= Task to carry out =
State how many lines in the records below include the word "DirectOrder". Give nothing but that number.

(Records excerpted from a collection)
-------------------------

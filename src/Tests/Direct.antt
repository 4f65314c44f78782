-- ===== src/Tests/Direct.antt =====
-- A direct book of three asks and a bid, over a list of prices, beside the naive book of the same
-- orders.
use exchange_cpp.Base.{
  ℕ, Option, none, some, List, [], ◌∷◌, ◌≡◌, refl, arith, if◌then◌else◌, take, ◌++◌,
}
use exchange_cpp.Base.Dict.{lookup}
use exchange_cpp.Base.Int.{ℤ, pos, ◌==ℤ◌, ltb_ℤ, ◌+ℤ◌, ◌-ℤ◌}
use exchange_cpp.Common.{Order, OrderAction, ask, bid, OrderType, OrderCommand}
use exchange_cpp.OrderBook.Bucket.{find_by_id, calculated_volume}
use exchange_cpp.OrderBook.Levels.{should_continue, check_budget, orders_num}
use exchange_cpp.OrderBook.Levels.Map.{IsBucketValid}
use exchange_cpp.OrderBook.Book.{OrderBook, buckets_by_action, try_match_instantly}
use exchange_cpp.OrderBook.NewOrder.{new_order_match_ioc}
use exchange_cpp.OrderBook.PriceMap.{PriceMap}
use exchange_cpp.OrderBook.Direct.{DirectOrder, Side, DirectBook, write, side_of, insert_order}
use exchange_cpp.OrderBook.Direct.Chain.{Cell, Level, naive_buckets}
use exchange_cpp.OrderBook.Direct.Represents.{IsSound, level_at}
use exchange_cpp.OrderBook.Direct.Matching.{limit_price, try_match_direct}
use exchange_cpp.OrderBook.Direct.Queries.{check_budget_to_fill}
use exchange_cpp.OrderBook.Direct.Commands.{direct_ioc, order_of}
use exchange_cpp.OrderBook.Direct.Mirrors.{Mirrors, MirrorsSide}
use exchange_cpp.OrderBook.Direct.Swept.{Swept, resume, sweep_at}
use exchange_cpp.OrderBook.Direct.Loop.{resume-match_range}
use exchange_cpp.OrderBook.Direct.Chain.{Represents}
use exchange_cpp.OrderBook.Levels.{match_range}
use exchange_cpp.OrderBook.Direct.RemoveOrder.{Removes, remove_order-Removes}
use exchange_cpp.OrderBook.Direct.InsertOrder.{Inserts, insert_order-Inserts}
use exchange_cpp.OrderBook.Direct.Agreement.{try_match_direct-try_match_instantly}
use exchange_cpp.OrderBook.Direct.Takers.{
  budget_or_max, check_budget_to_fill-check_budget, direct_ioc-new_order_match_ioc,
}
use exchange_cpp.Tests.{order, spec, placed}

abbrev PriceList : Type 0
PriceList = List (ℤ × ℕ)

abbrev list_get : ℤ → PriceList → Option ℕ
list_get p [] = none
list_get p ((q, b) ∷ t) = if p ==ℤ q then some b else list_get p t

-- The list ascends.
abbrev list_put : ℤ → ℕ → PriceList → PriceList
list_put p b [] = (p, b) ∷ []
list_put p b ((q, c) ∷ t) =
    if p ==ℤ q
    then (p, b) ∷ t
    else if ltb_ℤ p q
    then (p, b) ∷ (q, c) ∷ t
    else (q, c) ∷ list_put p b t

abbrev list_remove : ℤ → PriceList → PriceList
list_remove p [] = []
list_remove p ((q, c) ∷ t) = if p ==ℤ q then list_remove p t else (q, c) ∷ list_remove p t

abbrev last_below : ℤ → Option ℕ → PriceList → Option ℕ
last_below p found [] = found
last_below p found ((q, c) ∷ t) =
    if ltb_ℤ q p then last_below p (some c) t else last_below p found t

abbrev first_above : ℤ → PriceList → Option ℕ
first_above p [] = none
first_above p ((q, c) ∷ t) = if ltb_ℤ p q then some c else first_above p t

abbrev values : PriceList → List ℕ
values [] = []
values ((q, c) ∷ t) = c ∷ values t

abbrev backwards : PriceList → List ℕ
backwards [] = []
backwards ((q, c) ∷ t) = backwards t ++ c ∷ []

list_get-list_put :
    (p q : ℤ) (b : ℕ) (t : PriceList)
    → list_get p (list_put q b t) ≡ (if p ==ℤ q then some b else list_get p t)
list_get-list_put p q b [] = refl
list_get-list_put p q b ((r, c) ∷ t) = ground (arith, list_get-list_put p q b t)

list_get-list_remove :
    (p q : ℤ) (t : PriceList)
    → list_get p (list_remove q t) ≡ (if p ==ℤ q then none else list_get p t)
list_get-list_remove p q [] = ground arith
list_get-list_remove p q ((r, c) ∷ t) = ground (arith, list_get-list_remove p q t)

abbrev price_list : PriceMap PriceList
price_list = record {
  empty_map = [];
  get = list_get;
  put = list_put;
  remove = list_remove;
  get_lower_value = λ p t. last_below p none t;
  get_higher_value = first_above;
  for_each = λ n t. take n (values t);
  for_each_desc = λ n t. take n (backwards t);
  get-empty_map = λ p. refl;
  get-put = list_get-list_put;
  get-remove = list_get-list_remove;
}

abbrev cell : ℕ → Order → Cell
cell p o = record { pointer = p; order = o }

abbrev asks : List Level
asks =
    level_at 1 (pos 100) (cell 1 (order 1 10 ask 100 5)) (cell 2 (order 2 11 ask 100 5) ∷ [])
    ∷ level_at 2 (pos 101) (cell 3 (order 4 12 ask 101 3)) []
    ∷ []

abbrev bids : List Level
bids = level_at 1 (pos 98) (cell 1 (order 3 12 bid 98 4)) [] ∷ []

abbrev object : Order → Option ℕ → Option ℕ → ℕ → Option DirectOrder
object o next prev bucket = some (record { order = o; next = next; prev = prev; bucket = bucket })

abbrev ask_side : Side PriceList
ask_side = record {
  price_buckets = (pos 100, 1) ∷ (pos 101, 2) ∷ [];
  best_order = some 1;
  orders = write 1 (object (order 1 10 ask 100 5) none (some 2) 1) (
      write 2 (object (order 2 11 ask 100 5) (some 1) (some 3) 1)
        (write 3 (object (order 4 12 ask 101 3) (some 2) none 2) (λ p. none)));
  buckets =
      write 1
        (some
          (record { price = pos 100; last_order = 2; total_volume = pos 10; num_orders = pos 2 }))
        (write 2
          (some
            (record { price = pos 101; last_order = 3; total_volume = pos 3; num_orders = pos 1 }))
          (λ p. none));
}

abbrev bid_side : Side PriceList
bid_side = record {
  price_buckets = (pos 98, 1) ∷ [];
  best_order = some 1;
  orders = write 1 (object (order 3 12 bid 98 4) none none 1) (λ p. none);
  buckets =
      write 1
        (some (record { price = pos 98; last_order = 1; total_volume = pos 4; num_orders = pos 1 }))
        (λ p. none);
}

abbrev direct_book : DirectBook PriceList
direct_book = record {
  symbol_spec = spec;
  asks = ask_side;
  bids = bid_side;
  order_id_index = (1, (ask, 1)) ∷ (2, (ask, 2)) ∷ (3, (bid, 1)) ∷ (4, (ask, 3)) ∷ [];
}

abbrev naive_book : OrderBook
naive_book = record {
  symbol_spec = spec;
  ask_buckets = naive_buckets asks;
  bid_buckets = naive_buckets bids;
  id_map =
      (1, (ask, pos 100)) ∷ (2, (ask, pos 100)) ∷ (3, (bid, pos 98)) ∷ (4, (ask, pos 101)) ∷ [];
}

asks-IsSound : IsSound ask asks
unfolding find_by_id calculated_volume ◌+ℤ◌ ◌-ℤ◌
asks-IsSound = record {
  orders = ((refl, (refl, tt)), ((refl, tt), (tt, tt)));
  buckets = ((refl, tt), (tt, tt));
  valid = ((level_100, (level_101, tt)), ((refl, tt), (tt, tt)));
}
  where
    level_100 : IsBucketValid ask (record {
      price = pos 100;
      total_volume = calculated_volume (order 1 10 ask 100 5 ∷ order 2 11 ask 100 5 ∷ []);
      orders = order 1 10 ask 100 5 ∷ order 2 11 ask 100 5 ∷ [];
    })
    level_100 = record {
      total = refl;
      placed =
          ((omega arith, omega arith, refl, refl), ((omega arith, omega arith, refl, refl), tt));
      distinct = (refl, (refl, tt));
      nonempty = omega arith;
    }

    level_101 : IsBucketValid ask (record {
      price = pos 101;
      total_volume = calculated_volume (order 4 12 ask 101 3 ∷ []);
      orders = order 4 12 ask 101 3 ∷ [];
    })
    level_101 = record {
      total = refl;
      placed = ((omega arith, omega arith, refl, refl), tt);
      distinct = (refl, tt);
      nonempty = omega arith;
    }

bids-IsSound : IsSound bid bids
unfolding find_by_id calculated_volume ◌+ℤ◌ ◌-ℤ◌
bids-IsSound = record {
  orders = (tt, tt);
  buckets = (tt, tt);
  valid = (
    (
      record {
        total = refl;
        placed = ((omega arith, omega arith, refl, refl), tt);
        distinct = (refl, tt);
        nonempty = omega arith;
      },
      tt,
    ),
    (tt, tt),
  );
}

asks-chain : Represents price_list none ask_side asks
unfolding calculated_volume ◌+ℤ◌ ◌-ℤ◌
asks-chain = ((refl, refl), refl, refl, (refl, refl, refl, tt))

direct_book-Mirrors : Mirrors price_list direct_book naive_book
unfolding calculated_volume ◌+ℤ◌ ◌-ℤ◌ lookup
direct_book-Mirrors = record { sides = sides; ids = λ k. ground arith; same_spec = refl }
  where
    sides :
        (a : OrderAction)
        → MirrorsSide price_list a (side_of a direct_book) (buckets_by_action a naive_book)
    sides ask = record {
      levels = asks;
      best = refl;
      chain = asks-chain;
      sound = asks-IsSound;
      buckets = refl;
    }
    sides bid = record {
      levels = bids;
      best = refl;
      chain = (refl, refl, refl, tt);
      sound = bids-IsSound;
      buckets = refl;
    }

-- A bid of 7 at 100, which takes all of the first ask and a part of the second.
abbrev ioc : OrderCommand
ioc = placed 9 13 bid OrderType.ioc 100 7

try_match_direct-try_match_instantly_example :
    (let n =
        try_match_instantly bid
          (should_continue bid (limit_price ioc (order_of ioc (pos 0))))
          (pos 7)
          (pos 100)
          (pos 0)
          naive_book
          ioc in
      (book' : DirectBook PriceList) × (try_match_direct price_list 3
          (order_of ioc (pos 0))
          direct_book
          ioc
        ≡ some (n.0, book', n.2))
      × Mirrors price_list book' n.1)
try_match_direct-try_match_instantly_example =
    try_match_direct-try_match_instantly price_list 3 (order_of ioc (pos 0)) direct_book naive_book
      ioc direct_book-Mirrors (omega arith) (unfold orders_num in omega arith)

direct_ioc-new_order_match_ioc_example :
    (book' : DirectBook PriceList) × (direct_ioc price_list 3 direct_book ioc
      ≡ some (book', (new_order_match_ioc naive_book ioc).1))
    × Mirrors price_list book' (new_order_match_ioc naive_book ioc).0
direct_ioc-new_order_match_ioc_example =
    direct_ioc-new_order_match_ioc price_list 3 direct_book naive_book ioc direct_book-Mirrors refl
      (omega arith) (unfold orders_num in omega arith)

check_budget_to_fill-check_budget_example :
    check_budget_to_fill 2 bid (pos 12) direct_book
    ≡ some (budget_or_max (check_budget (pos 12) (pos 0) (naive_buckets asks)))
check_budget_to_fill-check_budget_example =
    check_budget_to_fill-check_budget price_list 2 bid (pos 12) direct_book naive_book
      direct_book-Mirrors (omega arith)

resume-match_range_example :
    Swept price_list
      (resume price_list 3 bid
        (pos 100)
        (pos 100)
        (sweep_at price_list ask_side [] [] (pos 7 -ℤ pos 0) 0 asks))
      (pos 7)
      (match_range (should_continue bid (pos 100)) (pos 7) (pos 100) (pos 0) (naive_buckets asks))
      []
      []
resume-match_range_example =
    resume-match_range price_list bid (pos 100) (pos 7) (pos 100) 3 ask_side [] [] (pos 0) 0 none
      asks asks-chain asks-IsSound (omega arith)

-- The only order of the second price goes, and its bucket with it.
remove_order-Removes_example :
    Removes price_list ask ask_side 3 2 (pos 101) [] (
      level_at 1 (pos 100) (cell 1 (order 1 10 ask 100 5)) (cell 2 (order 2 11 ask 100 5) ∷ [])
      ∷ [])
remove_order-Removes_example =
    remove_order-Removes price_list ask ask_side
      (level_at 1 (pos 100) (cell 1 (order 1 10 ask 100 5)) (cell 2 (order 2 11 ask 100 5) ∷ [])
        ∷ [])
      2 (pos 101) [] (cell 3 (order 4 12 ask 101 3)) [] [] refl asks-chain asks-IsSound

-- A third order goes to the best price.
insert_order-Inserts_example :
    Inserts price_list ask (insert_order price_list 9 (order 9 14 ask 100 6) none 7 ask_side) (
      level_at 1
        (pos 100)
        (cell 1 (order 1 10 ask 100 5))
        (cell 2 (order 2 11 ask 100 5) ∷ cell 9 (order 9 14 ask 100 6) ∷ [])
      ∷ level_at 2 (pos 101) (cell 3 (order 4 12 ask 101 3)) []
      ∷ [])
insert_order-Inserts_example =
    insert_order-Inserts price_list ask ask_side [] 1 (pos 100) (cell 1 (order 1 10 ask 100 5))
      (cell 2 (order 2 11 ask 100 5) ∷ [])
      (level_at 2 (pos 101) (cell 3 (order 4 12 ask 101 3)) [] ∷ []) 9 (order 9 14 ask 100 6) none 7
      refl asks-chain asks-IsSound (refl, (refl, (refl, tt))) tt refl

-------------------------

= Solution for this task =
2